Set down exactly the lines below, starting at the one that contains "bucket-put : (b" and ending at the one that contains "get-create (node vs", with both of those lines included and nothing else.

Collected data entries
= Beginning of Section =

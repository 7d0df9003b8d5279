-- ===== src/Examples/Buckets.antt =====
-- A concrete bbolt, which has the laws that the theorems on the storage ask of it: a bucket is its
-- values and its buckets, no write fails.
use yata_collaborative_edito.Base.{
  false, Option, none, some, [], ◌∷◌, ◌≡◌, refl, inl, inr, arith, if◌then◌else◌, text_eq,
  text_eq_iff, text_Eq, Map, lookup, insert, delete, lookup-insert, lookup-delete, In, ap, ◌⊎◌,
  Bool-cases, Option-cases,
}
use yata_collaborative_edito.Protocol.Messages.{Bytes}
use yata_collaborative_edito.Storage.Buckets.{Bolt, BoltLaws, or_else}

mutual
  pub data Tree : Type 0 where
    node : Map Bytes Bytes → Forest → Tree

  pub data Forest : Type 0 where
    bare : Forest
    grown : Bytes → Tree → Forest → Forest

unfoldable pub find : Bytes → Forest → Option Tree
find k bare = none
find k (grown j t f) = if text_eq j k then some t else find k f

unfoldable pub graft : Bytes → Tree → Forest → Forest
graft k t bare = grown k t bare
graft k t (grown j u f) =
    let rest = graft k t f in if text_eq j k then grown k t f else grown j u rest

find-graft :
    (k j : Bytes) (t : Tree) (f : Forest)
    → find j (graft k t f) ≡ (if text_eq k j then some t else find j f)
unfolding find graft
find-graft k j t bare = refl
find-graft k j t (grown i u f) =
    ground (arith, text_eq_iff k j, text_eq_iff i k, text_eq_iff i j, find-graft k j t f)

abbrev leaf : Tree
leaf = node [] bare

abbrev graft_in : Tree → Bytes → Tree → Tree
graft_in (node vs f) k t = node vs (graft k t f)

abbrev find_in : Tree → Bytes → Option Tree
find_in (node vs f) k = find k f

abbrev value : Tree → Bytes → Option Bytes
value (node vs f) k = lookup k vs

abbrev written : Tree → Bytes → Bytes → Option Tree
written (node vs f) k v = some (node (insert k v vs) f)

abbrev grow : Tree → Bytes → Option (Tree × Tree)
grow t k = elim (find_in t k) [ some u ↦ some (t, u) | none ↦ some (graft_in t k leaf, leaf) ]

delete-In :
    {V : Type 0} (j k : Bytes) (v : V) (m : Map Bytes V)
    → In (k, v) (delete j m)
    → In (k, v) m × (text_eq j k ≡ false)
unfolding delete
delete-In {V} j k v [] i = absurd i
delete-In {V} j k v ((n, w) ∷ m) i = elim (Bool-cases (text_eq n j)) [
  | inl same ↦
      let (inside, differs) = delete-In j k v m (ground (arith, same, i)) in (inr inside, differs)
  | inr other ↦
      let head : (◌≡◌ {A = Bytes × V} (n, w) (k, v)) ⊎ In (k, v) (delete j m) =
        ground (arith, other, i) in
      elim head [
        | inl e ↦ (
          inl e,
          ground (arith, other, ap (λ (x : Bytes × V). x.0) e, text_eq_iff n j, text_eq_iff j k),
        )
        | inr later ↦ let (inside, differs) = delete-In j k v m later in (inr inside, differs)
      ]
]

-- Each key with its value, once
unfoldable pub once : {V : Type 0} → Map Bytes V → Map Bytes V
once [] = []
once ((k, v) ∷ m) = let rest = once m in (k, v) ∷ delete k rest

abbrev values : Tree → Map Bytes Bytes
values (node vs f) = once vs

pub once-In :
    {V : Type 0} (k : Bytes) (v : V) (m : Map Bytes V) → In (k, v) (once m) → lookup k m ≡ some v
unfolding once lookup
once-In {V} k v [] i = absurd i
once-In {V} k v ((j, w) ∷ m) i = elim i [
  | inl e ↦
      ground (arith, ap (λ (x : Bytes × V). x.0) e, ap (λ (x : Bytes × V). x.1) e, text_eq_iff j k)
  | inr later ↦
      let (inside, differs) = delete-In j k v (once m) later in
      ground (arith, differs, once-In k v m inside)
]

pub lookup-once : {V : Type 0} (k : Bytes) (m : Map Bytes V) → lookup k (once m) ≡ lookup k m
unfolding once lookup
lookup-once k [] = refl
lookup-once k ((j, w) ∷ m) = ground (arith, lookup-delete j k (once m), lookup-once k m)

abbrev pub forest : Bolt
forest = record {
  Bucket = Tree;
  empty = leaf;
  get = value;
  bucket = find_in;
  put = written;
  create = grow;
  store = graft_in;
  entries = values;
}

get-put :
    (b c : Tree) (k j v : Bytes)
    → written b k v ≡ some c
    → value c j ≡ (if text_eq k j then some v else value b j)
get-put (node vs f) c k j v e = ground (arith, lookup-insert k j v vs)

bucket-put : (b c : Tree) (k j v : Bytes) → written b k v ≡ some c → find_in c j ≡ find_in b j
bucket-put (node vs f) c k j v e = ground arith

create_found : (b c d : Tree) (k : Bytes) → grow b k ≡ some (c, d) → d ≡ or_else (find_in b k) leaf
create_found (node vs f) c d k e = ground arith

bucket-create :
    (b c d : Tree) (k j : Bytes)
    → grow b k ≡ some (c, d)
    → find_in c j ≡ (if text_eq k j then some d else find_in b j)
bucket-create (node vs f) c d k j e = elim (Option-cases (find k f)) [
  | inl n ↦ ground (arith, n, e, find-graft k j leaf f)
  | inr (u, s) ↦ ground (arith, s, e, text_eq_iff k j)
]

get-create : (b c d : Tree) (k j : Bytes) → grow b k ≡ some (c, d) → value c j ≡ value b j
get-create (node vs f) c d k j e = ground arith

bucket-store :
    (b c : Tree) (k j : Bytes)
    → find_in (graft_in b k c) j ≡ (if text_eq k j then some c else find_in b j)
bucket-store (node vs f) c k j = find-graft k j c f

get-store : (b c : Tree) (k j : Bytes) → value (graft_in b k c) j ≡ value b j
get-store (node vs f) c k j = refl

lookup-entries : (b : Tree) (k : Bytes) → lookup k (values b) ≡ value b k
lookup-entries (node vs f) k = lookup-once k vs

entries-In : (b : Tree) (k v : Bytes) → In (k, v) (values b) → value b k ≡ some v
entries-In (node vs f) k v i = once-In k v vs i

pub forest-laws : BoltLaws forest
unfolding lookup find
forest-laws = record {
  get-empty = λ k. refl;
  bucket-empty = λ k. refl;
  get-put = get-put;
  bucket-put = bucket-put;
  create_found = create_found;
  bucket-create = bucket-create;
  get-create = get-create;
  bucket-store = bucket-store;
  get-store = get-store;
  entries-In = entries-In;
  lookup-entries = lookup-entries;
}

= End of Section =

## SOLUTION TO THIS TASK
bucket-put : (b c : Tree) (k j v : Bytes) → written b k v ≡ some c → find_in c j ≡ find_in b j
bucket-put (node vs f) c k j v e = ground arith

create_found : (b c d : Tree) (k : Bytes) → grow b k ≡ some (c, d) → d ≡ or_else (find_in b k) leaf
create_found (node vs f) c d k e = ground arith

bucket-create :
    (b c d : Tree) (k j : Bytes)
    → grow b k ≡ some (c, d)
    → find_in c j ≡ (if text_eq k j then some d else find_in b j)
bucket-create (node vs f) c d k j e = elim (Option-cases (find k f)) [
  | inl n ↦ ground (arith, n, e, find-graft k j leaf f)
  | inr (u, s) ↦ ground (arith, s, e, text_eq_iff k j)
]

get-create : (b c d : Tree) (k j : Bytes) → grow b k ≡ some (c, d) → value c j ≡ value b j
get-create (node vs f) c d k j e = ground arith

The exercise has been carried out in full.